**Assigned task**
Could you copy each line of the entries that contains "InstanceConfig"?

**Provided information**

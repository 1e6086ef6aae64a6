-- ===== src/Instance/Tests/Configs.antt =====
-- The configs and their volumes, at concrete inputs.
use terraform_provider_linod.Prelude.Runs.{Made}
use terraform_provider_linod.Prelude.Runs.{after, explained, Every}
use terraform_provider_linod.Prelude.{
  ℕ, String, Bool, ◌≡◌, refl, none, some, List, [], ◌∷◌, Result, ok, string_eq,
}
use mathlib.Core.List.Perm
use terraform_provider_linod.Prelude.Dict.{get, put, delete}
use terraform_provider_linod.Instance.{ConfigDeviceMap, InstanceConfig, History, Ack}
use terraform_provider_linod.Instance.Configs.{
  DeviceSpec, DeviceSlots, no_devices, change_instance_config_device, empty_instance_config_device,
  expand_instance_config_device, assign_config_device, fill_slot, fill_slots,
  expand_instance_config_device_map, empty_config_device_map,
}
use terraform_provider_linod.Instance.Configs.Slots.{
  sdb, last_device, blocks_of, expand_instance_config_device_map_slots,
}
use terraform_provider_linod.Instance.Configs.Volumes.{
  volume_detacher, volume_detacher_ignore_attached, detach_each, join_errors, detach_config_volumes,
}
use terraform_provider_linod.Instance.Configs.Detached.{Waited, detach_config_volumes_waits}
use terraform_provider_linod.Instance.Configs.Attached.{
  DetachAllowed, detach_config_volumes_ignores,
}
use terraform_provider_linod.Instance.Configs.Options.{ConfigSpec, create_devices, update_options}
use terraform_provider_linod.Instance.Configs.Update.{
  create_instance_configs_from_set, update_configs, index_configs, add_created, boot_interfaces,
  old_boot_interfaces, delete_instance_configs, update_instance_configs,
}
use terraform_provider_linod.Instance.Configs.Safety.{update_instance_configs_deletes}
use terraform_provider_linod.Instance.Configs.Calls.{DeleteAllowed}
use terraform_provider_linod.Instance.Tests.{client, configs, answers_labels}

abbrev disk_block : DeviceSpec
disk_block = record { disk_id = none; volume_id = none; disk_label = some "swap" }

abbrev volume_block : DeviceSpec
volume_block = record { disk_id = none; volume_id = some 31; disk_label = none }

abbrev slots : DeviceSlots
slots = ("sda", volume_block ∷ []) ∷ ("sdb", disk_block ∷ []) ∷ []

abbrev two_devices : ConfigDeviceMap
two_devices = record no_devices {
  sda = some (record { disk_id = 0; volume_id = 31 });
  sdb = some (record { disk_id = 12; volume_id = 0 });
}

expands : expand_instance_config_device_map slots (("swap", 12) ∷ []) ≡ ok (some two_devices)
unfolding expand_instance_config_device_map fill_slots fill_slot assign_config_device
    change_instance_config_device expand_instance_config_device empty_instance_config_device get
expands = refl

expand_instance_config_device_map_slots_example :
    some (record { disk_id = 12; volume_id = 0 })
    ≡ last_device (("swap", 12) ∷ []) (blocks_of slots "sdb") none
unfolding get
expand_instance_config_device_map_slots_example =
    expand_instance_config_device_map_slots (("swap", 12) ∷ []) sdb slots two_devices
      (refl, (refl, tt)) expands

abbrev in_order : History → List ℕ → List ℕ
in_order h vs = vs

run_detach : Result String Ack × History
unfolding detach_config_volumes detach_each join_errors volume_detacher after
run_detach = detach_config_volumes in_order two_devices (volume_detacher client) []

detach_config_volumes_waits_example : Made (Waited client 31) run_detach.1
unfolding run_detach
detach_config_volumes_waits_example =
    detach_config_volumes_waits client in_order (λ h vs. Perm.refl vs) two_devices 31 []
      run_detach.1 tt refl refl

detach_config_volumes_ignores_example :
    Every
      (DetachAllowed client 1)
      (detach_config_volumes in_order two_devices
        (volume_detacher_ignore_attached client (ok 1))
        []).1
detach_config_volumes_ignores_example =
    detach_config_volumes_ignores client 1 in_order two_devices [] tt

abbrev config_spec : String → ConfigSpec
config_spec label = record {
  label = label;
  kernel = "linode/latest";
  comments = "";
  virt_mode = "paravirt";
  run_level = "default";
  memory_limit = 0;
  root_device = "/dev/sda";
  helpers = none;
  interface = some [];
  devices = some (slots ∷ []);
}

abbrev old_configs : List ConfigSpec
old_configs = config_spec "main" ∷ config_spec "rescue" ∷ []

abbrev new_configs : List ConfigSpec
new_configs = config_spec "main" ∷ config_spec "other" ∷ []

run_configs : Result String (Bool × (List (String × ℕ) × List InstanceConfig)) × History
unfolding update_instance_configs update_configs delete_instance_configs index_configs add_created
    create_instance_configs_from_set create_devices update_options boot_interfaces
    old_boot_interfaces empty_config_device_map expand_instance_config_device_map fill_slots
    fill_slot assign_config_device change_instance_config_device expand_instance_config_device
    empty_instance_config_device detach_config_volumes detach_each join_errors volume_detacher
    volume_detacher_ignore_attached after explained get put delete
run_configs =
    update_instance_configs client in_order 1 (ok 1) old_configs new_configs (("swap", 12) ∷ [])
      "main" []

-- The config "rescue" is deleted.
configs_left :
    (result : _) × (run_configs.0 ≡ ok result) × (result.1.0 ≡ ("main", 41) ∷ ("other", 43) ∷ [])
unfolding run_configs
configs_left = (_, refl, refl)

update_instance_configs_deletes_example :
    Every
      (DeleteAllowed 1 configs old_configs new_configs)
      (update_instance_configs client in_order 1
        (ok 1)
        old_configs
        new_configs
        (("swap", 12) ∷ [])
        "main"
        []).1
update_instance_configs_deletes_example =
    update_instance_configs_deletes client in_order 1 (ok 1) configs old_configs new_configs
      (("swap", 12) ∷ []) "main" refl answers_labels (refl, (refl, tt))
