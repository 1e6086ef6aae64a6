-- ===== src/Instance/Tests/Operation.antt =====
-- The operations of the disk resource, at concrete inputs.
use terraform_provider_linod.Prelude.Runs.{after, explained, Every}
use terraform_provider_linod.Prelude.{ℕ, String, false, ◌≡◌, refl, inl, ◌⊎◌, [], Result, ok}
use terraform_provider_linod.Instance.{History, Ack}
use terraform_provider_linod.Instance.Power.{
  wait_for_instance_non_transient_status, boot_instance_sync, shut_down_instance_sync,
}
use terraform_provider_linod.Instance.Operation.{
  attempt, run_disk_operation, resize_disk, resize_disk_sync, remove_disk, delete_disk_sync,
}
use terraform_provider_linod.Instance.Operation.Power.{OfflineChange, disk_operations_offline}
use terraform_provider_linod.Instance.Operation.Restored.{
  NoDisks, resize_disk_sync_restores, delete_disk_restores,
}
use terraform_provider_linod.Instance.Tests.{client, status_after, semantics}

run_resize : ℕ → Result String Ack × History
unfolding run_disk_operation resize_disk_sync resize_disk remove_disk
    wait_for_instance_non_transient_status boot_instance_sync shut_down_instance_sync after
    explained
run_resize size = resize_disk_sync client false 1 11 size []

disk_operations_offline_example :
    Every (OfflineChange status_after) (resize_disk_sync client false 1 11 30 []).1
    × Every (OfflineChange status_after) (delete_disk_sync client false 1 11 []).1
disk_operations_offline_example = disk_operations_offline semantics false 11 30 [] tt

resize_disk_sync_restores_example :
    (status_after (resize_disk_sync client false 1 11 30 []).1 ≡ status_after [])
    ⊎ NoDisks semantics (resize_disk_sync client false 1 11 30 []).1
unfolding run_resize
resize_disk_sync_restores_example =
    resize_disk_sync_restores semantics false 11 30 [] (resize_disk_sync client false 1 11 30 []).1
      tt (inl refl) refl

delete_disk_restores_example :
    let r = run_disk_operation client false 1 (attempt (remove_disk client 1 11)) [] in
    (status_after r.1 ≡ status_after []) ⊎ NoDisks semantics r.1
unfolding run_resize
delete_disk_restores_example =
    delete_disk_restores semantics false 11 []
      (run_disk_operation client false 1 (attempt (remove_disk client 1 11)) []).1 (ok tt)
      (inl refl) refl
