-- ===== src/Instance/Tests/Placement.antt =====
-- A reassignment of an instance's placement group, at concrete inputs.
use terraform_provider_linod.Prelude.Runs.{after, explained}
use terraform_provider_linod.Prelude.{
  ℕ, String, Bool, true, ◌≡◌, ◌≢◌, refl, inl, some, [], ◌∷◌, Result, ok, err, ◌==◌, ==_iff, nat_eq,
  string_eq, arith, if◌then◌else◌,
}
use terraform_provider_linod.Instance.{
  Call, unassign_placement_group, assign_placement_group, Client, History, Ack,
}
use terraform_provider_linod.Instance.Placement.{
  reassign_placement_group, PlacementSemantics, reassign_placement_group_joins,
}
use terraform_provider_linod.Instance.Tests.{client}

-- The instance starts in a group, or in none.
abbrev group_after : ℕ → History → ℕ
group_after start [] = start
group_after start (assign_placement_group pg n c ∷ h) = pg
group_after start (unassign_placement_group pg n ∷ h) =
    let now = group_after start h in if now == pg then 0 else now
group_after start (_ ∷ h) = group_after start h

abbrev answer_from : ℕ → Call → History → Result String Ack
answer_from start (unassign_placement_group pg n) h =
    if group_after start h == pg then ok tt else err "404"
answer_from start _ h = ok tt

abbrev placing : ℕ → Client
placing start = record client { acts = answer_from start }

abbrev not_found : String → Bool
not_found e = e == "404"

left_group : (now pg : ℕ) → now ≡ pg → (if now == pg then 0 else now) ≡ 0
left_group now pg e = ground (arith, ==_iff now pg, e)

still_there : (now pg : ℕ) → now ≢ pg → (if now == pg then 0 else now) ≡ now
still_there now pg apart = ground (arith, ==_iff now pg, apart)

placement : (start : ℕ) → PlacementSemantics (placing start) not_found 1 (group_after start)
placement start = record {
  assigned = λ pg c h a out e. refl;
  unassigned = λ pg h a in_group e. left_group (group_after start h) pg in_group;
  elsewhere = λ pg h apart. still_there (group_after start h) pg apart;
  missing = λ pg h e f b. λ same. absurd (ground (arith, f, ==_iff (group_after start h) pg, same));
}

run_reassign : ℕ → Result String Ack × History
unfolding reassign_placement_group after explained
run_reassign start = reassign_placement_group (placing start) not_found 1 7 8 (some true) []

-- The old group is gone: its unassignment is answered with not found.
reassigned_from_none : (run_reassign 0).0 ≡ ok tt
unfolding run_reassign
reassigned_from_none = refl

reassign_placement_group_joins_example : group_after 7 (run_reassign 7).1 ≡ 8
unfolding run_reassign
reassign_placement_group_joins_example =
    reassign_placement_group_joins (placement 7) 7 8 (some true) [] (run_reassign 7).1 tt (inl refl)
      refl
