-- ===== src/Examples/FirmwareRuns.antt =====
-- A reader with the toy HMAC: two scans with a power cycle between them.
use access_security_system_e.Common.{
  ℕ, zero, suc, ◌<◌, ◌≡◌, refl, true, Option, none, some, List, [], ◌∷◌, replicate, arith, All,
}
use access_security_system_e.Common.Text.{codes}
use access_security_system_e.Protocol.Codec.Inverse.{IsByte}
use access_security_system_e.Protocol.ReplayWindow.{new_window}
use access_security_system_e.Hw.{verify_hw_signature}
use access_security_system_e.Firmware.{
  Board, Settings, Reader, signature, setup, post_uid_to_server,
}
use access_security_system_e.Firmware.Signed.{HasSameHmac, signature_accepted}
use access_security_system_e.Firmware.Numbers.{
  Life, ends, power_on, posts, with_card, accepts_all, numbers_accepted,
}
use access_security_system_e.Examples.World.{toy, toy_hmac}

abbrev board : Board
board = record {
  decimal = λ n. n ∷ [];
  hex = λ b. b ∷ [];
  to_upper = λ s. s;
  md_hmac = toy.hmac_sha256;
}

All-replicate : (n b : ℕ) → b < 256 → All IsByte (replicate n b)
All-replicate zero b h = tt
All-replicate (suc n) b h = (h, All-replicate n b h)

board-HasSameHmac : HasSameHmac board toy
board-HasSameHmac = record {
  same_hmac = λ key message. refl;
  hmac_bytes = λ key message. All-replicate 32 _ (omega arith);
}

abbrev settings : Settings
settings = record {
  secret_hex = replicate 64 97;
  reader_id = 2;
  door_id = 6;
  resend_delay_ms = 1500;
}

signature_accepted_example :
    (sig : List ℕ) × (signature board settings (codes "{}") ≡ some sig)
    × (verify_hw_signature toy true sig (codes "{}") settings.secret_hex ≡ none)
signature_accepted_example =
    signature_accepted toy toy_hmac board board-HasSameHmac settings (codes "{}") refl

abbrev new_reader : Reader
new_reader = record { hw_seq = 0; kept_seq = none; last_uid = []; last_send_ms = 0 }

abbrev answer : List ℕ → Option (List ℕ) → ℕ × List ℕ
answer body sig = (200, [])

abbrev after_one : Reader
after_one = (post_uid_to_server board settings true answer (with_card new_reader [] 7) []).0

abbrev after_two : Reader
after_two = (post_uid_to_server board settings true answer (with_card (setup after_one) [] 9) []).0

two_scans : Life board settings new_reader (after_one.hw_seq ∷ (after_two.hw_seq ∷ [])) after_two
two_scans = posts answer [] 7 (power_on (posts answer [] 9 ends))

numbers_accepted_example :
    accepts_all (new_window 4) (after_one.hw_seq ∷ (after_two.hw_seq ∷ [])) ≡ true
numbers_accepted_example =
    numbers_accepted board settings new_reader after_two
      (after_one.hw_seq ∷ (after_two.hw_seq ∷ [])) 4 two_scans refl (omega arith)
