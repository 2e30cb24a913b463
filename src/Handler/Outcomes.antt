-- ===== src/Handler/Outcomes.antt =====
-- The outcomes of `FrameHandler::handle` on a parsed frame, and the replay windows that each leaves.
use mathlib.Core.Path.{subst}
use access_security_system_e.Common.{
  ℕ, String, ◌≡◌, refl, ap, ◌∙◌, sym, true, false, not, ◌&&◌, Option, none, some, inl, inr, arith,
  ◌==◌, if◌then◌else◌, Bool-cases,
}
use access_security_system_e.Common.Maps.{update, lookup-update}
use access_security_system_e.Protocol.Frame.{Frame}
use access_security_system_e.Protocol.ReplayWindow.{ReplayWindow, contains, remember}
use access_security_system_e.Crypto.{Sodium}
use access_security_system_e.KeyManager.{KeyManager}
use access_security_system_e.Handler.{
  AccessStore, FrameHandlerConfig, HandleResult, Windows, validate_reader, validate_key_version,
  key_version_ok, reader_window, get_or_create_window, remember_seq, try_decrypt, handle_parsed,
  make_error,
}
use access_security_system_e.Handler.Checks.{
  with_window, window_of, checks_passed, replayed, validate_reader_ok,
}

reader_window-update :
    (c : FrameHandlerConfig) (ws : Windows) (k r : ℕ) (w : ReplayWindow)
    → reader_window c (update k w ws) r ≡ (if k == r then w else reader_window c ws r)
unfolding reader_window
reader_window-update c ws k r w = elim (Bool-cases (k == r)) [
  | inl e ↦ rw (reader_window, lookup-update r k w ws, e) refl
  | inr e ↦ rw (reader_window, lookup-update r k w ws, e) refl
]

reader_window-create :
    (c : FrameHandlerConfig) (ws : Windows) (k r : ℕ)
    → reader_window c (get_or_create_window c ws k) r ≡ reader_window c ws r
unfolding get_or_create_window
reader_window-create c ws k r = ground (arith, reader_window-update c ws k r (reader_window c ws k))

module _ (lib : Sodium) (m : KeyManager) (c : FrameHandlerConfig) where
  reader_window-with :
      (ws : Windows) (f : Frame) (r : ℕ)
      → reader_window c (with_window lib m c ws f) r ≡ reader_window c ws r
  unfolding with_window
  reader_window-with ws f r = ground (arith, reader_window-create c ws f.header.reader_id r)

  try_decrypt_refused :
      (now : ℕ) (window : Option ReplayWindow) (ws : Windows) (f : Frame)
      → (try_decrypt lib m c now window ws f).0.allow ≡ false
      → (try_decrypt lib m c now window ws f).1 ≡ ws
  unfolding try_decrypt
  try_decrypt_refused now window ws f h = ground arith

  -- The outcomes of a call on a parsed frame: a refusal before the replay check, a replay, or what
  -- the decryption yields.
  handle_parsed_elim :
      (P : HandleResult × Windows → Type 0) (store : AccessStore) (now : ℕ) (ws : Windows)
      (f : Frame)
      → ((reason : String) → P (make_error reason f.header, ws))
      → P (make_error "replay" f.header, get_or_create_window c ws f.header.reader_id)
      → P (try_decrypt lib m c now (window_of lib m c ws f) (with_window lib m c ws f) f)
      → P (handle_parsed lib m c (some store) now ws f)
  unfolding handle_parsed validate_reader validate_key_version
  handle_parsed_elim P store now ws f early late last =
      let current = store.current_key_version_for_reader f.header.reader_id in
      elim (Bool-cases (current == 0)) [
        | inl e ↦ rw (handle_parsed, validate_reader, e) (early _)
        | inr known ↦
            elim (Bool-cases (
              c.enforce_reader_door_binding
              && not (store.is_reader_allowed_door f.header.reader_id f.header.door_id))) [
                | inl e ↦ rw (handle_parsed, validate_reader, known, e) (early _)
                | inr bound ↦ elim (Bool-cases (key_version_ok c current f.header.key_version)) [
                  | inr e ↦
                      rw
                        (
                          handle_parsed,
                          validate_key_version,
                          validate_reader_ok lib m c store f known bound,
                          e,
                        )
                        (early _)
                  | inl version ↦
                      elim (Bool-cases (
                        c.anti_replay_enabled
                        && contains (reader_window c ws f.header.reader_id) f.header.seq)) [
                          | inl e ↦
                              subst P (sym (replayed lib m c store now ws f known bound version e))
                                late
                          | inr fresh ↦
                              subst P
                                (sym
                                  (checks_passed lib m c store now ws f known bound version fresh))
                                last
                        ]
                ]
              ]
      ]

  pub refused :
      (store : AccessStore) (now : ℕ) (ws : Windows) (f : Frame) (r : ℕ)
      → (handle_parsed lib m c (some store) now ws f).0.allow ≡ false
      → reader_window c (handle_parsed lib m c (some store) now ws f).1 r ≡ reader_window c ws r
  refused store now ws f r =
      handle_parsed_elim
        (λ out. out.0.allow ≡ false → reader_window c out.1 r ≡ reader_window c ws r) store now ws f
        (λ reason h. refl) (λ h. reader_window-create c ws f.header.reader_id r)
        (λ h.
          ap (λ v. reader_window c v r)
            (try_decrypt_refused now (window_of lib m c ws f) (with_window lib m c ws f) f h)
          ∙ reader_window-with ws f r)

  -- What an accepted frame leaves in the window of `r`.
  pub remembered_in :
      (ws : Windows) (f : Frame) (r : ℕ)
      → c.anti_replay_enabled ≡ true
      → reader_window c
          (remember_seq lib m c (window_of lib m c ws f) f (with_window lib m c ws f))
          r
        ≡ (if f.header.reader_id == r
            then remember (reader_window c ws f.header.reader_id) f.header.seq
            else reader_window c ws r)
  unfolding window_of remember_seq
  remembered_in ws f r on =
      let rid = f.header.reader_id in
      let w = remember (reader_window c ws rid) f.header.seq in
      let there : window_of lib m c ws f ≡ some (reader_window c ws rid) =
        ap (λ b. if b then some (reader_window c ws rid) else none) on in
      ap (λ o. reader_window c (remember_seq lib m c o f (with_window lib m c ws f)) r) there
      ∙ (reader_window-update c (with_window lib m c ws f) rid r w
          ∙ ap (λ v. if rid == r then w else v) (reader_window-with ws f r))
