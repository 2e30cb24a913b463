-- ===== src/Handler/History.antt =====
-- Histories of calls of `FrameHandler::handle` on one map of replay windows, and the numbers that
-- they put into a reader's window.
use mathlib.Core.Path.{subst}
use access_security_system_e.Common.{
  ℕ, ◌≡◌, refl, ap, ◌∙◌, sym, true, false, ◌&&◌, some, List, [], ◌∷◌, ◌++◌, inl, inr, arith,
  ==_refl, ==_iff, ◌==◌, if◌then◌else◌, Bool-cases,
}
use access_security_system_e.Protocol.Frame.{Frame}
use access_security_system_e.Protocol.Parser.{ok, err, parse_frame, ParseError}
use access_security_system_e.Protocol.ReplayWindow.{
  ReplayWindow, contains, remember, accept, accept_all,
}
use access_security_system_e.Crypto.{Sodium}
use access_security_system_e.KeyManager.{KeyManager}
use access_security_system_e.Handler.{
  AccessStore, FrameHandlerConfig, HandleResult, Windows, reader_window, remember_seq,
  handle_parsed, handle, make_error, parse_error_to_code, empty_header,
}
use access_security_system_e.Handler.Accepted.{
  Result-cases, IsAccepted, accepted, handle-allow_iff, handle_accepts,
}
use access_security_system_e.Handler.Checks.{with_window, window_of}
use access_security_system_e.Handler.Outcomes.{refused, remembered_in}

pub record Call : Type 0 where
  pub now : ℕ
  pub bytes : List ℕ

-- The number that a result puts into the window of reader `r`.
unfoldable pub counted : HandleResult → ℕ → List ℕ
counted result r =
    if result.allow && (result.header.reader_id == r) then result.header.seq ∷ [] else []

accept_all-append :
    (w : ReplayWindow) (xs ys : List ℕ) → accept_all w (xs ++ ys) ≡ accept_all (accept_all w xs) ys
unfolding accept_all
accept_all-append w [] ys = refl
accept_all-append w (x ∷ xs) ys = accept_all-append (accept w x).0 xs ys

same_reader :
    (c : FrameHandlerConfig) (ws : Windows) (k r s : ℕ)
    → contains (reader_window c ws k) s ≡ false
    → (if k == r then remember (reader_window c ws k) s else reader_window c ws r)
      ≡ accept_all (reader_window c ws r) (if k == r then s ∷ [] else [])
unfolding accept_all accept
same_reader c ws k r s h = elim (Bool-cases (k == r)) [
  | inl e ↦
      (let q : r ≡ k = sym ((==_iff k r).0 e) in
        subst
          (λ j.
            (if k == j then remember (reader_window c ws k) s else reader_window c ws j)
            ≡ accept_all (reader_window c ws j) (if k == j then s ∷ [] else []))
          (sym q) (rw (==_refl k, accept_all, accept, h) refl))
  | inr e ↦ rw e refl
]

module _ (lib : Sodium) (m : KeyManager) (c : FrameHandlerConfig) where
  -- The numbers that one call puts into the window of reader `r`.
  unfoldable pub accepted_seq : AccessStore → Windows → Call → ℕ → List ℕ
  unfolding counted
  accepted_seq store ws call r = counted (handle lib m c (some store) call.now ws call.bytes).0 r

  unfoldable pub run : AccessStore → Windows → List Call → Windows
  run store ws [] = ws
  run store ws (call ∷ calls) =
      run store (handle lib m c (some store) call.now ws call.bytes).1 calls

  unfoldable pub seqs_of : AccessStore → Windows → List Call → ℕ → List ℕ
  unfolding accepted_seq
  seqs_of store ws [] r = []
  seqs_of store ws (call ∷ calls) r =
      accepted_seq store ws call r
      ++ seqs_of store (handle lib m c (some store) call.now ws call.bytes).1 calls r

  -- What the window of `r` is after a call with this outcome.
  Counted : ℕ → Windows → HandleResult × Windows → Type 0
  Counted r ws out = reader_window c out.1 r ≡ accept_all (reader_window c ws r) (counted out.0 r)

  accepted-Counted :
      (store : AccessStore) (now : ℕ) (ws : Windows) (f : Frame) (plaintext : List ℕ) (r : ℕ)
      → c.anti_replay_enabled ≡ true
      → IsAccepted lib m c store now ws f plaintext
      → Counted r ws (
        accepted lib m c f plaintext,
        remember_seq lib m c (window_of lib m c ws f) f (with_window lib m c ws f),
      )
  unfolding Counted counted
  accepted-Counted store now ws f plaintext r on a =
      remembered_in lib m c ws f r on
      ∙ same_reader c ws f.header.reader_id r f.header.seq (ground (arith, a.fresh))

  pub handle-ok :
      (store : AccessStore) (now : ℕ) (ws : Windows) (bytes : List ℕ) (f : Frame)
      → parse_frame bytes c.max_ct_len ≡ ok f
      → handle lib m c (some store) now ws bytes ≡ handle_parsed lib m c (some store) now ws f
  unfolding handle
  handle-ok store now ws bytes f p = rw (handle, p) refl

  pub handle-err :
      (store : AccessStore) (now : ℕ) (ws : Windows) (bytes : List ℕ) (e : ParseError)
      → parse_frame bytes c.max_ct_len ≡ err e
      → handle lib m c (some store) now ws bytes
        ≡ (make_error (parse_error_to_code e) empty_header, ws)
  unfolding handle
  handle-err store now ws bytes e p = rw (handle, p) refl

  refused_step :
      (store : AccessStore) (now : ℕ) (ws : Windows) (f : Frame) (bytes : List ℕ) (r : ℕ)
      → parse_frame bytes c.max_ct_len ≡ ok f
      → (handle lib m c (some store) now ws bytes).0.allow ≡ false
      → Counted r ws (handle lib m c (some store) now ws bytes)
  unfolding Counted counted accept_all
  refused_step store now ws f bytes r p refusal =
      let same = handle-ok store now ws bytes f p in
      subst (Counted r ws) (sym same) (
        let no' : (handle_parsed lib m c (some store) now ws f).0.allow ≡ false =
          ap (λ out. out.0.allow) (sym same) ∙ refusal in
        refused lib m c store now ws f r no'
        ∙ ap
            (λ b. accept_all (reader_window c ws r) (
              if b && ((handle_parsed lib m c (some store) now ws f).0.header.reader_id == r)
              then (handle_parsed lib m c (some store) now ws f).0.header.seq ∷ []
              else []))
            (sym no'))

  step_window :
      (store : AccessStore) (now : ℕ) (ws : Windows) (bytes : List ℕ) (r : ℕ)
      → c.anti_replay_enabled ≡ true
      → Counted r ws (handle lib m c (some store) now ws bytes)
  unfolding Counted
  step_window store now ws bytes r on =
      elim (Bool-cases (handle lib m c (some store) now ws bytes).0.allow) [
        | inl allowed ↦
            let (f, plaintext, p, a) = (handle-allow_iff lib m c store now ws bytes).0 allowed in
            subst (Counted r ws) (sym (handle_accepts lib m c store now ws bytes f plaintext p a))
              (accepted-Counted store now ws f plaintext r on a)
        | inr refusal ↦ elim (Result-cases (parse_frame bytes c.max_ct_len)) [
          | inl (f, p) ↦ refused_step store now ws f bytes r p refusal
          | inr (e, p) ↦
              subst (Counted r ws) (sym (handle-err store now ws bytes e p))
                (unfold counted make_error accept_all in refl)
        ]
      ]

  -- With the replay check on, the window of a reader after any history of calls is what
  -- `ReplayWindow::accept` makes of the numbers of that reader's accepted frames, in their order:
  -- refused lib m c frames and other readers' frames leave no trace in it.
  pub reader_window-run :
      (store : AccessStore) (ws : Windows) (calls : List Call) (r : ℕ)
      → c.anti_replay_enabled ≡ true
      → reader_window c (run store ws calls) r
        ≡ accept_all (reader_window c ws r) (seqs_of store ws calls r)
  unfolding run seqs_of accept_all
  reader_window-run store ws [] r on = refl
  reader_window-run store ws (call ∷ calls) r on =
      let next = handle lib m c (some store) call.now ws call.bytes in
      let step : reader_window c next.1 r
          ≡ accept_all (reader_window c ws r) (accepted_seq store ws call r) =
        unfold Counted accepted_seq in step_window store call.now ws call.bytes r on in
      reader_window-run store next.1 calls r on
      ∙ (ap (λ w. accept_all w (seqs_of store next.1 calls r)) step
          ∙ sym (
              accept_all-append (reader_window c ws r) (accepted_seq store ws call r)
                (seqs_of store next.1 calls r)))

**Exercise solution**
use terraform_provider_linod.Instance.{ConfigDeviceMap, InstanceConfig, History, Ack}
run_configs : Result String (Bool × (List (String × ℕ) × List InstanceConfig)) × History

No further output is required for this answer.